IBIS był opracowywany przez ponad sześć lat we współpracy z francuskim specjalistą w dziedzinie akumulatorów Saft, spółką zależną TotalEnergies. Według InsideEVs, system dostarcza prąd przemienny bezpośrednio na wyjściu, co eliminuje potrzebę stosowania oddzielnych falowników, ładowarek pokładowych lub konwerterów prądu stałego. Obecny prototyp jest oparty na Peugeot E-3008 i jest obecnie testowany na drogach publicznych.
Osiągi i wydajność
Stellantis wymienia konkretne zalety, ponieważ system akumulatorów pozwala zaoszczędzić do 17 litrów miejsca i około 88 funtów wagi. Czas ładowania AC jest o 15% krótszy, a zużycie WLTP i straty energii spadają o 10%. Jednocześnie moc akumulatora wzrasta nawet o 15% do 172 kW przy tym samym rozmiarze. Konserwacja jest uproszczona, a akumulator nadaje się do zastosowań drugiego cyklu życia.
Porównanie ze zwykłymi akumulatorami do pojazdów elektrycznych
W przeciwieństwie do konwencjonalnych akumulatorów litowo-jonowych, które przechowują prąd stały i wymagają oddzielnych falowników, IBIS znacznie upraszcza budowę pojazdu. Producenci tacy jak Tesla czy Volkswagen nadal stosują oddzielne systemy ładowania. IBIS oferuje korzyści dzięki kompaktowej konstrukcji, niższej wadze i bardziej wydajnemu zużyciu energii.
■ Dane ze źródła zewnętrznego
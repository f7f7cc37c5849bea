-- ===== src/Proxy/Setup/Layout.antt =====
-- What the pools hold once they are set up.
use crunchy_proxy.Config.{Node, StringMap, node_role_master}
use crunchy_proxy.Connect.Buffers.{AreBytes, length-fill}
use crunchy_proxy.Connect.Dial.{connected}
use crunchy_proxy.Connect.Password.Total.{handle_authentication_request_total}
use crunchy_proxy.Connect.{Conn, send, receive, received, buffer_size}
use crunchy_proxy.Go.Channels.{Channel, make}
use crunchy_proxy.Go.Channels
use crunchy_proxy.Go.{Bytes, Outcome, ok, ◌>>=◌, IoError, codes, equal}
use crunchy_proxy.Pool.{Pool}
use crunchy_proxy.Pool
use crunchy_proxy.Prelude.{
  ℕ, zero, suc, ◌+◌, ◌≤◌, ◌<◌, ◌≡◌, refl, ap, ◌∙◌, sym, Bool, List, [], ◌∷◌, ◌++◌, append_assoc,
  append-nil, Option, some, length, length-append, get_elem?, set, lt→ltb, arith, if◌then◌else◌,
}
use crunchy_proxy.Protocol.Startup.Layout.{create_startup_message-frame}
use crunchy_proxy.Proxy.Routing.{Proxy, deref, store}
use crunchy_proxy.Proxy.Setup.{Environment, Progress, log_in, add_connection, fill_pool}

-- `n` numbers from `first` on
abbrev pub numbers : ℕ → ℕ → List ℕ
numbers first zero = []
numbers first (suc n) = first ∷ numbers (suc first) n

abbrev pub pool_of : Bytes → ℕ → List ℕ → Pool
pool_of name capacity items = record {
  connections = record { items = items; cap = capacity };
  name = name;
  capacity = capacity;
}

-- Full pools, one for each node, numbered through.
abbrev pub pools_of : ℕ → ℕ → StringMap Node → List Pool
pools_of capacity first [] = []
pools_of capacity first ((name, node) ∷ nodes) =
    pool_of name capacity (numbers first capacity) ∷ pools_of capacity (first + capacity) nodes

-- The positions, from `k` on, of the nodes that are masters, or that are not.
abbrev pub positions : Bool → ℕ → StringMap Node → List ℕ
positions master k [] = []
positions master k ((name, node) ∷ nodes) =
    if equal node.role node_role_master
    then (if master then k ∷ positions master (suc k) nodes else positions master (suc k) nodes)
    else (if master then positions master (suc k) nodes else k ∷ positions master (suc k) nodes)

abbrev pub opened_after : ℕ → ℕ → StringMap Node → ℕ
opened_after capacity first [] = first
opened_after capacity first (node ∷ nodes) = opened_after capacity (first + capacity) nodes

-- Every call of `Connect` gives a connection.
abbrev pub AllConnect : Environment → Type 0
AllConnect env =
    (k : ℕ) (host : Bytes) → (c : Conn) × (env.connect k host ≡ ok (connected c)) × AreBytes c.reads

receive-long :
    (c : Conn) (reads : List (Bytes × Option IoError))
    → AreBytes reads
    → (let r = receive (record c { reads = reads }) in
        (13 ≤ length r.0.buffer) × AreBytes r.1.reads)
unfolding receive received
receive-long c [] h = (omega (arith, length-fill buffer_size []), tt)
receive-long c ((chunk, err) ∷ reads) h = (omega (arith, length-fill buffer_size chunk), h.1)

log_in_total :
    (env : Environment) (c : Conn)
    → AreBytes c.reads
    → (c' : Conn) × (log_in env (connected c) ≡ ok (some c'))
unfolding log_in send
log_in_total env c h =
    rw
      (
        create_startup_message-frame (env.viper.get_string (codes "credentials.username"))
            (env.viper.get_string (codes "credentials.database"))
            (env.viper.get_string_map_string (codes "credentials.options")),
        log_in,
      )
      (let (long, bytes) = receive-long (send c _).1 c.reads h in
        let (r, e) =
          handle_authentication_request_total env.md5_sum env.creds env.viper
            (receive (send c _).1).1 (receive (send c _).1).0.buffer bytes long in
        (r.1, ap (λ o. o >>= λ r. ok (some r.1)) e))

get_elem-last : {A : Type 0} (ps : List A) (x : A) → get_elem? (ps ++ x ∷ []) (length ps) ≡ some x
get_elem-last [] x = refl
get_elem-last (p ∷ ps) x = get_elem-last ps x

set-last : {A : Type 0} (ps : List A) (x y : A) → set (ps ++ x ∷ []) (length ps) y ≡ ps ++ y ∷ []
set-last [] x y = refl
set-last (p ∷ ps) x y = ap (◌∷◌ p) (set-last ps x y)

module _ (env : Environment) (all : AllConnect env) (host name : Bytes) (capacity : ℕ)
    (ps : List Pool) (p : Proxy) where
  -- The proxy while the last pool is filled.
  abbrev pub filling : List ℕ → Proxy
  filling items = record p { pools = ps ++ pool_of name capacity items ∷ [] }

  deref-filling :
      (items : List ℕ) → deref (some (length ps)) (filling items) ≡ ok (pool_of name capacity items)
  unfolding deref
  deref-filling items = rw (get_elem-last ps (pool_of name capacity items), deref) refl

  add-pool_of :
      (items : List ℕ) (opened : ℕ)
      → length items < capacity
      → Pool.add (pool_of name capacity items) opened
        ≡ ok (pool_of name capacity (items ++ opened ∷ []))
  unfolding Pool.add Channels.send
  add-pool_of items opened h = rw (lt→ltb (length items) capacity h, Pool.add) refl

  add_connection-filling :
      (again : ℕ → Proxy → Outcome (Option Progress)) (opened : ℕ) (items : List ℕ) (c : Conn)
      → length items < capacity
      → add_connection again (length ps) opened (filling items) (some c)
        ≡ again (suc opened) (filling (items ++ opened ∷ []))
  unfolding add_connection
  add_connection-filling again opened items c h =
      ap
        (λ o. o >>= λ pool. Pool.add pool opened >>= λ pool.
          again (suc opened) (store (length ps) pool (filling items)))
        (deref-filling items)
      ∙ ap (λ o. o >>= λ pool. again (suc opened) (store (length ps) pool (filling items)))
          (add-pool_of items opened h)
      ∙ ap (λ (pools : List Pool). again (suc opened) (record p { pools = pools }))
          (set-last ps (pool_of name capacity items) (pool_of name capacity (items ++ opened ∷ [])))

  pub fill_pool-filling :
      (n opened : ℕ) (items : List ℕ)
      → length items + n ≤ capacity
      → fill_pool env host (length ps) n opened (filling items)
        ≡ ok (some (opened + n, filling (items ++ numbers opened n)))
  unfolding fill_pool
  fill_pool-filling zero opened items h =
      ap (λ k. ok (some (k, filling items))) (omega arith)
      ∙ ap (λ items. ok (some (opened + 0, filling items))) (sym (append-nil items))
  fill_pool-filling (suc n) opened items h =
      let (c, e, bytes) = all opened host in
      let (c', f) = log_in_total env c bytes in
      rw (e, fill_pool)
        (rw (f, fill_pool)
          (add_connection-filling (fill_pool env host (length ps) n) opened items c' (omega arith)
            ∙ fill_pool-filling n (suc opened) (items ++ opened ∷ [])
                (omega (arith, length-append items (opened ∷ [])))
            ∙ ap (λ k. ok (some (k, filling ((items ++ opened ∷ []) ++ numbers (suc opened) n))))
                (omega arith)
            ∙ ap (λ items. ok (some (opened + suc n, filling items)))
                (append_assoc items (opened ∷ []) (numbers (suc opened) n))))
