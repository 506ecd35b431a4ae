-- ===== src/Lib.antt =====
-- cozy_backend: the orders, payments, customer sessions and staff accounts of the shop's backend.
--
-- The program. internal/orders places orders and changes their status: createOrder in order.go
-- checks a request, finds an earlier order with the same idempotency key, chooses the point that
-- packs the order, takes the stock under row locks and writes the order; lifecycle.go holds every
-- later change (AdminUpdateStatus, CancelByCustomer, CancelUnpaidOrderTx) and returns the stock of
-- a cancelled order; payment.go opens the payment attempts. internal/payments drives those through
-- a gateway: service.go opens sessions and applies callbacks, expiry.go cancels abandoned orders.
-- cart.go keeps a customer's cart between visits.
-- All of them work on shared tables, each operation in a transaction of internal/dbtx.
-- internal/auth logs customers in: service.go sends a code by SMS and checks it (otp_repo.go keeps
-- the codes and their limits), and keeps sessions as families of refresh tokens (refresh_repo.go);
-- limiter.go counts events per client IP, review_guard.go guards the store reviewers' fixed code.
-- internal/staff keeps the accounts of the staff (admin.go, staff.go), their sessions
-- (session_repo.go) and the limit on login attempts (ratelimit.go) under service.go.
--
-- The files.
--   Base        tests on numbers, lists as tables (where_rows, first_row, update_rows, sum_by)
--   Apperr      internal/apperr: the error codes, and a result type
--   Dbtx        internal/dbtx: blocks of statements as functions of the tables, WithTx as commit or
--               rollback; rules for what blocks ensure, keep, and leave when they fail
--   Schema      the rows of the tables, text and its trimming, and the SQL statements that several functions share
--   Orders      internal/orders: Status (the state machine), Settings, Input (checks of a request),
--               Stock, Cart (CartRepo; its Lines and Totals hold theorems), Create (createOrder; Checks and
--               Writing are parts of it), Lifecycle, Attempts (payment.go); Merge, Cover, Inserts, Graph,
--               Texts, Failed, Guards, Allowed, Repeat and Limit hold theorems on them
--   Payments    internal/payments: Provider (the gateway's interface), Callback (HandleCallback),
--               Session (PlaceOnlineOrder, RetryPayment, abort, failAttempt), Expiry; Repeats, Money and
--               Abandoned hold theorems on them
--   Services    what every service keeps, from what its statements keep: the record `Laws` is the
--               interface, which Goods and Trail fill and System.Keeps uses
--   Goods       the accounting of goods, from single statements (Shelf, Items) to whole services
--   Trail       order_status_history as an audit trail
--   System      all operations as events in any order
--   Limits      the map of windows that the limiters share
--   Auth        internal/auth and internal/phonenorm: Limiter (limiter.go), Rows, Codes (otp_repo.go),
--               Tokens (refresh_repo.go), Review (review_guard.go), Phone, Service and Session (service.go);
--               Reuse and Entry hold theorems; Steps has the statements of concurrent requests in any order
--   Staff       internal/staff: Limiter, Rows, Accounts, Sessions, Service, Bootstrap (EnsureOwner), and
--               Events, all operations in any order; Spelling, Owners, Owned, Ended and Entry hold theorems
--
-- How state and operations correspond. The tables are one record `Db` with a list for each table;
-- stock is a function of (variant, point), its primary key. A Go function that takes a *sql.Tx is a
-- function `Db → Result A × Db`, with the name in snake case (createOrder is `create_order`,
-- CancelUnpaidOrderTx is `cancel_unpaid_order_tx`); its statements stand in a do block in their
-- order. An UPDATE is `update_rows` with the WHERE test. Constraints that the code relies on
-- (primary keys, unique order numbers and idempotency keys, foreign keys, checks on quantities) are
-- tests in the inserts that end in the error `internal`. Row locks and advisory locks make each
-- transaction atomic, so concurrent requests are sequences of events (System). The calls of a
-- gateway stand between transactions, and so do their events.
--
-- internal/auth works on a record `Store` in the same way: its tables, its limiters' maps and its
-- guard.
-- Its requests are not single transactions, so Auth.Steps interleaves their statements freely, with
-- the check and the insert of issueInFamily, which takes no lock, as two steps.
--
-- Choices. Money is in whole tyiyn (the columns are NUMERIC(10,2)), so `roundSom` and `toTyiyn` are
-- the identity. Ids are numbers, in the order of their canonical text; an id in a request is a UUID
-- or another text. Times are in seconds. The clock, the date and the ids that the database makes
-- come with each request (`Env`). The gateway is a record of functions (`Provider`), about which
-- nothing is assumed. Decimal digits of an order number are written with 20 rounds of fuel, enough
-- for every number below 10 ^ 20, and a Go int is below 2 ^ 63. All other loops are structural.
-- In Auth, Postgres and the service read one clock, a limit that is not positive is 0, and SHA-256,
-- the signing of access tokens (`Crypto`) and the SMS provider (`OtpSender`) are parameters, as are
-- bcrypt and SHA-256 (`StaffCrypto`) in Staff; its store is a record `StaffStore`.
--
-- Not modelled: a UUID that a request writes in another form than the canonical one (upper case,
-- braces, `urn:uuid:`), which uuid.Validate also accepts; a database that fails
-- between statements (but for the items of the reply of AdminUpdateStatus and CancelByCustomer, which
-- are read after the commit); panics; item photos and the ids of order items; the
-- reads for lists and reports (ListDetailed of the cart too); the deletion of accounts and of old
-- codes; and the packages for catalog, import, messaging and the web.
pub mod Base
pub mod Apperr
pub mod Dbtx
pub mod Schema
pub mod Orders
pub mod Payments
pub mod Services
pub mod Goods
pub mod Trail
pub mod System
pub mod Limits
pub mod Auth
pub mod Staff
Przypadki użycia wykraczające poza samochody elektryczne
Architektura IBIS jest również dość elastyczna. Wersja stacjonarna jest testowana od 2022 roku i może być w przyszłości wykorzystywana w transporcie kolejowym, lotnictwie, żegludze morskiej lub centrach danych.
Perspektywy
Projekt baterii Stellantis skupia 25 inżynierów z Saft, CNRS, Sorbony, Uniwersytetu Paris-Saclay i Instytutu Lafayette. Stellantis planuje wprowadzić IBIS do pojazdów produkcyjnych do 2029 lub 2030 roku. Technologia ta może zaowocować lżejszymi, wydajniejszymi i łatwiejszymi w utrzymaniu samochodami elektrycznymi.